One benefit of dependency trees is that they can handle discontinuous constituents, as in "A hearing is scheduled on the issue today" [Nivre and McDonald 2008]. These are not common in English, but are much more common in languages with freer word order. Trees with such crossing edges are termed non-projective dependency parses.

We will discuss three general approaches: graph-based, transition-based, and easy-first.

#### Graph-based parsers

Graph-based parsers make an exhaustive search of possible dependency structures, seeking the highest-scoring tree. The score of a tree is the product (or sum) of the scores of the individual arcs; the score of an arc may represent its probability (as for a probabilistic constituent grammar) or some other linear combination of features. There are implementations which are similar to CKY parsers and take time O(n3) (J. Eisner, COLING 1996).
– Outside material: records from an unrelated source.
-- ===== src/Text/Numbers.antt =====
-- Numbers that are printed with `%d` are read again by `atoi`.
use axctl_c.Prelude.{
  ◌≡◌, refl, sym, ap, ◌∙◌, ℕ, zero, suc, ◌+◌, ◌%◌, ◌≤◌, ◌<◌, [], ◌∷◌, CString, ◌==◌, arith,
  Bool-cases, inl, inr, ℤ, pos, negsuc, neg,
}
use Prim.Native.Nat.{◌/◌}
use axctl_c.Text.{digits_onto, show_nat, show_int}
use axctl_c.Strutil.{isspace}
use axctl_c.Cli.Params.{digits_from, signed_from, atoi}

-- The number that digits stand for, with `m` in front of them.
digits_from-digits_onto :
    (fuel n : ℕ) (acc : CString)
    → n < fuel
    → digits_from 0 (digits_onto fuel n acc) ≡ digits_from n acc
unfolding digits_from digits_onto
digits_from-digits_onto zero n acc enough = elim enough [ ]
digits_from-digits_onto (suc fuel) n acc enough = elim (Bool-cases (n / 10 == 0)) [
  | inl last ↦ rw (last, digits_onto) ground arith
  | inr more ↦
      rw (more, digits_onto)
        (digits_from-digits_onto fuel (n / 10) ((b'0' + n % 10) ∷ acc) (ground arith)
          ∙ ground arith)
]

digits_onto-head :
    (fuel n : ℕ) (acc : CString)
    → n < fuel
    → (d : ℕ) × (rest : CString) × (digits_onto fuel n acc ≡ d ∷ rest) × (b'0' ≤ d) × (d ≤ b'9')
unfolding digits_onto
digits_onto-head zero n acc enough = elim enough [ ]
digits_onto-head (suc fuel) n acc enough = elim (Bool-cases (n / 10 == 0)) [
  | inl last ↦ rw (last, digits_onto) (b'0' + n % 10, acc, refl, omega arith, omega arith)
  | inr more ↦
      rw (more, digits_onto) (digits_onto-head fuel (n / 10) ((b'0' + n % 10) ∷ acc) (ground arith))
]

digits_from-show_nat : (n : ℕ) → digits_from 0 (show_nat n) ≡ n
unfolding show_nat
digits_from-show_nat n =
    digits_from-digits_onto (suc n) n [] (omega arith) ∙ unfold digits_from in refl

atoi-digits :
    (d : ℕ) (rest : CString)
    → b'0' ≤ d
    → d ≤ b'9'
    → atoi (d ∷ rest) ≡ pos (digits_from 0 (d ∷ rest))
unfolding atoi signed_from isspace
atoi-digits d rest low high = ground arith

-- An `int` that is printed with `%d` is read back by `atoi`.
pub atoi-show_int : (i : ℤ) → atoi (show_int i) ≡ i
unfolding show_int show_nat atoi signed_from isspace
atoi-show_int (pos n) =
    let (d, rest, e, low, high) = digits_onto-head (suc n) n [] (omega arith) in
    ap atoi e
    ∙ atoi-digits d rest low high
    ∙ ap (λ s. pos (digits_from 0 s)) (sym e)
    ∙ ap (λ m. pos m) (digits_from-show_nat n)
atoi-show_int (negsuc n) = ap (λ x. neg (pos x)) (digits_from-show_nat (suc n))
#### Transition-based parsers

Transition-based parsers (also called shift-reduce parsers) are deterministic left-to-right parses. They are similar to the parsers used for programming languages. Given an input sequence and a stack, at each step the parser can push the next word onto the stack or link the top item on the stack with the next word in the input. The decision is made by a classifier which takes as inputs the current state of the stack and a limited number of words ahead in the input sequence. The classifier is trained by converting each dependency tree to a transition sequence which generates that tree. This is a linear-time (O(n)) algorithm.

Making deterministic decisions with limited look-ahead limits the accuracy of the parser. The effect can be reduced by maintaining multiple states. Beam search keeps the top beam-width states. Equivalent states can be merged (Huang and Sagae 2010).

One widely-used parser of this type is the MALT parser.